What is needed
Repeat each entry below without omitting a single word.

Records supplied
Content starts

-- ===== src/Risk/Counters.antt =====
-- src/risk/mod.rs: the trade counters over a history of calls.
use solana_atomic_arbitrage.Base.{
  ℕ, ◌+◌, ◌≤◌, ◌<◌, ◌≡◌, Bool, false, List, [], ◌∷◌, none, some, length, subst, ◌==◌, ◌/=◌,
  if◌then◌else◌, arith, inl, inr, Option-cases,
}
use solana_atomic_arbitrage.Base.Checked.{u64_mod}
use solana_atomic_arbitrage.Base.Float.{Float}
use solana_atomic_arbitrage.Risk.{
  RiskTracker, Opportunity, RiskConfig, new, check_limits, pass_breaker, clear_breaker, roll_date,
  apply_limits, trip_projected, record_submitted, record_confirmation, check_circuit_breaker,
  count_confirmation, add_pnl,
}
use solana_atomic_arbitrage.Risk.Breaker.{Call, checked, submitted, confirmed, step, run}

module _ {ℓ} {F : Type ℓ} ⦃f : Float F⦄ where
  -- A check that gets past the breaker on another date starts the counters again.
  abbrev starts_day : RiskTracker F → ℕ → ℕ → Bool
  starts_day t now today = elim (pass_breaker t now) [
    | none ↦ false
    | some t' ↦ today /= t'.current_date
  ]

  -- Confirmations of the day for which no trade was pending.
  unfoldable pub step_orphans : RiskTracker F → ℕ × Call F → ℕ → ℕ
  step_orphans t (now, checked opp today) n = if starts_day t now today then 0 else n
  step_orphans t (now, submitted) n = n
  step_orphans t (now, confirmed pnl succeeded) n = if t.trades_pending == 0 then n + 1 else n

  unfoldable pub orphans : RiskConfig F → RiskTracker F → List (ℕ × Call F) → ℕ → ℕ
  orphans risk t [] n = n
  orphans risk t (c ∷ cs) n = orphans risk (step risk t c) cs (step_orphans t c n)

  -- `calls` bounds the calls made so far.
  pub record IsCounted (calls : ℕ) (unmatched : ℕ) (t : RiskTracker F) : Type 0 where
    pub balanced :
        t.trades_attempted + unmatched
        ≡ t.trades_pending + (t.trades_succeeded + t.trades_failed_onchain)
    pub pending_bound : t.trades_pending ≤ t.trades_attempted
    pub attempted_bound : t.trades_attempted ≤ calls
    pub confirmed_bound : t.trades_succeeded + t.trades_failed_onchain ≤ calls

  -- The counters of one tracker are those of the other.
  pub record SameCounters (t u : RiskTracker F) : Type 0 where
    pub attempted : t.trades_attempted ≡ u.trades_attempted
    pub pending : t.trades_pending ≡ u.trades_pending
    pub succeeded : t.trades_succeeded ≡ u.trades_succeeded
    pub failed : t.trades_failed_onchain ≡ u.trades_failed_onchain

  apply_limits-SameCounters :
      (t : RiskTracker F) (opp : Opportunity F) (risk : RiskConfig F) (now : ℕ)
      → SameCounters (apply_limits t opp risk now).0 t
  unfolding apply_limits trip_projected
  apply_limits-SameCounters t opp risk now = ground arith

  check_circuit_breaker-SameCounters :
      (t : RiskTracker F) (risk : RiskConfig F) (now : ℕ)
      → SameCounters (check_circuit_breaker t risk now) t
  unfolding check_circuit_breaker
  check_circuit_breaker-SameCounters t risk now = ground arith

  pass_breaker-SameCounters :
      (t t' : RiskTracker F) (now : ℕ) → pass_breaker t now ≡ some t' → SameCounters t' t
  unfolding pass_breaker clear_breaker
  pass_breaker-SameCounters t t' now e = ground arith

  module _ (risk : RiskConfig F) (calls unmatched : ℕ) (small : calls + 1 < u64_mod) where
    checked-IsCounted :
        (t : RiskTracker F) (opp : Opportunity F) (now today : ℕ)
        → IsCounted calls unmatched t
        → IsCounted
            (calls + 1)
            (step_orphans t (now, checked opp today) unmatched)
            (check_limits t opp risk now today).0
    unfolding check_limits step_orphans roll_date
    checked-IsCounted t opp now today g = elim (Option-cases (pass_breaker t now)) [
      | inl e ↦ ground arith
      | inr (t', e) ↦ ground (
        arith,
        pass_breaker-SameCounters t t' now e,
        apply_limits-SameCounters (roll_date t' today) opp risk now,
      )
    ]

    confirmed-IsCounted :
        (t : RiskTracker F) (pnl : F) (ok : Bool) (now : ℕ)
        → IsCounted calls unmatched t
        → IsCounted
            (calls + 1)
            (step_orphans t (now, confirmed pnl ok) unmatched)
            (record_confirmation t pnl ok risk now)
    unfolding record_confirmation count_confirmation add_pnl step_orphans
    confirmed-IsCounted t pnl ok now g = ground (
      arith,
      check_circuit_breaker-SameCounters (add_pnl (count_confirmation t pnl ok) pnl) risk now,
    )

    submitted-IsCounted :
        (t : RiskTracker F)
        → IsCounted calls unmatched t
        → IsCounted (calls + 1) unmatched (record_submitted t)
    unfolding record_submitted
    submitted-IsCounted t g = ground arith

  step-IsCounted :
      (risk : RiskConfig F) (calls unmatched : ℕ) (t : RiskTracker F) (c : ℕ × Call F)
      → calls + 1 < u64_mod
      → IsCounted calls unmatched t
      → IsCounted (calls + 1) (step_orphans t c unmatched) (step risk t c)
  unfolding step
  step-IsCounted risk calls n t (now, checked opp today) h g =
      checked-IsCounted risk calls n h t opp now today g
  step-IsCounted risk calls n t (now, submitted) h g =
      unfold step_orphans in submitted-IsCounted risk calls n h t g
  step-IsCounted risk calls n t (now, confirmed pnl ok) h g =
      confirmed-IsCounted risk calls n h t pnl ok now g

  run-IsCounted_from :
      (risk : RiskConfig F) (calls unmatched : ℕ) (t : RiskTracker F) (cs : List (ℕ × Call F))
      → calls + length cs < u64_mod
      → IsCounted calls unmatched t
      → IsCounted (calls + length cs) (orphans risk t cs unmatched) (run risk t cs)
  unfolding run orphans
  run-IsCounted_from risk calls n t [] h g = ground arith
  run-IsCounted_from risk calls n t (c ∷ cs) h g =
      subst (λ k. IsCounted k (orphans risk t (c ∷ cs) n) (run risk t (c ∷ cs)))
        {x = (calls + 1) + length cs} (omega arith)
        (run-IsCounted_from risk (calls + 1) (step_orphans t c n) (step risk t c) cs (omega arith)
          (step-IsCounted risk calls n t c (omega arith) g))

  -- After a history of fewer than 2 ^ 64 calls from a new tracker, the attempts of the day and the
  -- confirmations with nothing pending together are the trades pending, succeeded and failed, at
  -- most as many are pending as were attempted, and no counter has wrapped.
  pub run-IsCounted :
      (risk : RiskConfig F) (date : ℕ) (cs : List (ℕ × Call F))
      → length cs < u64_mod
      → IsCounted (length cs) (orphans risk (new date) cs 0) (run risk (new date) cs)
  unfolding new
  run-IsCounted risk date cs h =
      subst (λ k. IsCounted k (orphans risk (new date) cs 0) (run risk (new date) cs))
        {x = 0 + length cs} (omega arith)
        (run-IsCounted_from risk 0 0 (new date) cs (omega arith) (ground arith))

Content ends

Result of this task
-- ===== src/Risk/Counters.antt =====
-- src/risk/mod.rs: the trade counters over a history of calls.
use solana_atomic_arbitrage.Base.{
  ℕ, ◌+◌, ◌≤◌, ◌<◌, ◌≡◌, Bool, false, List, [], ◌∷◌, none, some, length, subst, ◌==◌, ◌/=◌,
  if◌then◌else◌, arith, inl, inr, Option-cases,
}
use solana_atomic_arbitrage.Base.Checked.{u64_mod}
use solana_atomic_arbitrage.Base.Float.{Float}
use solana_atomic_arbitrage.Risk.{
  RiskTracker, Opportunity, RiskConfig, new, check_limits, pass_breaker, clear_breaker, roll_date,
  apply_limits, trip_projected, record_submitted, record_confirmation, check_circuit_breaker,
  count_confirmation, add_pnl,
}
use solana_atomic_arbitrage.Risk.Breaker.{Call, checked, submitted, confirmed, step, run}

module _ {ℓ} {F : Type ℓ} ⦃f : Float F⦄ where
  -- A check that gets past the breaker on another date starts the counters again.
  abbrev starts_day : RiskTracker F → ℕ → ℕ → Bool
  starts_day t now today = elim (pass_breaker t now) [
    | none ↦ false
    | some t' ↦ today /= t'.current_date
  ]

  -- Confirmations of the day for which no trade was pending.
  unfoldable pub step_orphans : RiskTracker F → ℕ × Call F → ℕ → ℕ
  step_orphans t (now, checked opp today) n = if starts_day t now today then 0 else n
  step_orphans t (now, submitted) n = n
  step_orphans t (now, confirmed pnl succeeded) n = if t.trades_pending == 0 then n + 1 else n

  unfoldable pub orphans : RiskConfig F → RiskTracker F → List (ℕ × Call F) → ℕ → ℕ
  orphans risk t [] n = n
  orphans risk t (c ∷ cs) n = orphans risk (step risk t c) cs (step_orphans t c n)

  -- `calls` bounds the calls made so far.
  pub record IsCounted (calls : ℕ) (unmatched : ℕ) (t : RiskTracker F) : Type 0 where
    pub balanced :
        t.trades_attempted + unmatched
        ≡ t.trades_pending + (t.trades_succeeded + t.trades_failed_onchain)
    pub pending_bound : t.trades_pending ≤ t.trades_attempted
    pub attempted_bound : t.trades_attempted ≤ calls
    pub confirmed_bound : t.trades_succeeded + t.trades_failed_onchain ≤ calls

  -- The counters of one tracker are those of the other.
  pub record SameCounters (t u : RiskTracker F) : Type 0 where
    pub attempted : t.trades_attempted ≡ u.trades_attempted
    pub pending : t.trades_pending ≡ u.trades_pending
    pub succeeded : t.trades_succeeded ≡ u.trades_succeeded
    pub failed : t.trades_failed_onchain ≡ u.trades_failed_onchain

  apply_limits-SameCounters :
      (t : RiskTracker F) (opp : Opportunity F) (risk : RiskConfig F) (now : ℕ)
      → SameCounters (apply_limits t opp risk now).0 t
  unfolding apply_limits trip_projected
  apply_limits-SameCounters t opp risk now = ground arith

  check_circuit_breaker-SameCounters :
      (t : RiskTracker F) (risk : RiskConfig F) (now : ℕ)
      → SameCounters (check_circuit_breaker t risk now) t
  unfolding check_circuit_breaker
  check_circuit_breaker-SameCounters t risk now = ground arith

  pass_breaker-SameCounters :
      (t t' : RiskTracker F) (now : ℕ) → pass_breaker t now ≡ some t' → SameCounters t' t
  unfolding pass_breaker clear_breaker
  pass_breaker-SameCounters t t' now e = ground arith

  module _ (risk : RiskConfig F) (calls unmatched : ℕ) (small : calls + 1 < u64_mod) where
    checked-IsCounted :
        (t : RiskTracker F) (opp : Opportunity F) (now today : ℕ)
        → IsCounted calls unmatched t
        → IsCounted
            (calls + 1)
            (step_orphans t (now, checked opp today) unmatched)
            (check_limits t opp risk now today).0
    unfolding check_limits step_orphans roll_date
    checked-IsCounted t opp now today g = elim (Option-cases (pass_breaker t now)) [
      | inl e ↦ ground arith
      | inr (t', e) ↦ ground (
        arith,
        pass_breaker-SameCounters t t' now e,
        apply_limits-SameCounters (roll_date t' today) opp risk now,
      )
    ]

    confirmed-IsCounted :
        (t : RiskTracker F) (pnl : F) (ok : Bool) (now : ℕ)
        → IsCounted calls unmatched t
        → IsCounted
            (calls + 1)
            (step_orphans t (now, confirmed pnl ok) unmatched)
            (record_confirmation t pnl ok risk now)
    unfolding record_confirmation count_confirmation add_pnl step_orphans
    confirmed-IsCounted t pnl ok now g = ground (
      arith,
      check_circuit_breaker-SameCounters (add_pnl (count_confirmation t pnl ok) pnl) risk now,
    )

    submitted-IsCounted :
        (t : RiskTracker F)
        → IsCounted calls unmatched t
        → IsCounted (calls + 1) unmatched (record_submitted t)
    unfolding record_submitted
    submitted-IsCounted t g = ground arith

  step-IsCounted :
      (risk : RiskConfig F) (calls unmatched : ℕ) (t : RiskTracker F) (c : ℕ × Call F)
      → calls + 1 < u64_mod
      → IsCounted calls unmatched t
      → IsCounted (calls + 1) (step_orphans t c unmatched) (step risk t c)
  unfolding step
  step-IsCounted risk calls n t (now, checked opp today) h g =
      checked-IsCounted risk calls n h t opp now today g
  step-IsCounted risk calls n t (now, submitted) h g =
      unfold step_orphans in submitted-IsCounted risk calls n h t g
  step-IsCounted risk calls n t (now, confirmed pnl ok) h g =
      confirmed-IsCounted risk calls n h t pnl ok now g

  run-IsCounted_from :
      (risk : RiskConfig F) (calls unmatched : ℕ) (t : RiskTracker F) (cs : List (ℕ × Call F))
      → calls + length cs < u64_mod
      → IsCounted calls unmatched t
      → IsCounted (calls + length cs) (orphans risk t cs unmatched) (run risk t cs)
  unfolding run orphans
  run-IsCounted_from risk calls n t [] h g = ground arith
  run-IsCounted_from risk calls n t (c ∷ cs) h g =
      subst (λ k. IsCounted k (orphans risk t (c ∷ cs) n) (run risk t (c ∷ cs)))
        {x = (calls + 1) + length cs} (omega arith)
        (run-IsCounted_from risk (calls + 1) (step_orphans t c n) (step risk t c) cs (omega arith)
          (step-IsCounted risk calls n t c (omega arith) g))

  -- After a history of fewer than 2 ^ 64 calls from a new tracker, the attempts of the day and the
  -- confirmations with nothing pending together are the trades pending, succeeded and failed, at
  -- most as many are pending as were attempted, and no counter has wrapped.
  pub run-IsCounted :
      (risk : RiskConfig F) (date : ℕ) (cs : List (ℕ × Call F))
      → length cs < u64_mod
      → IsCounted (length cs) (orphans risk (new date) cs 0) (run risk (new date) cs)
  unfolding new
  run-IsCounted risk date cs h =
      subst (λ k. IsCounted k (orphans risk (new date) cs 0) (run risk (new date) cs))
        {x = 0 + length cs} (omega arith)
        (run-IsCounted_from risk 0 0 (new date) cs (omega arith) (ground arith))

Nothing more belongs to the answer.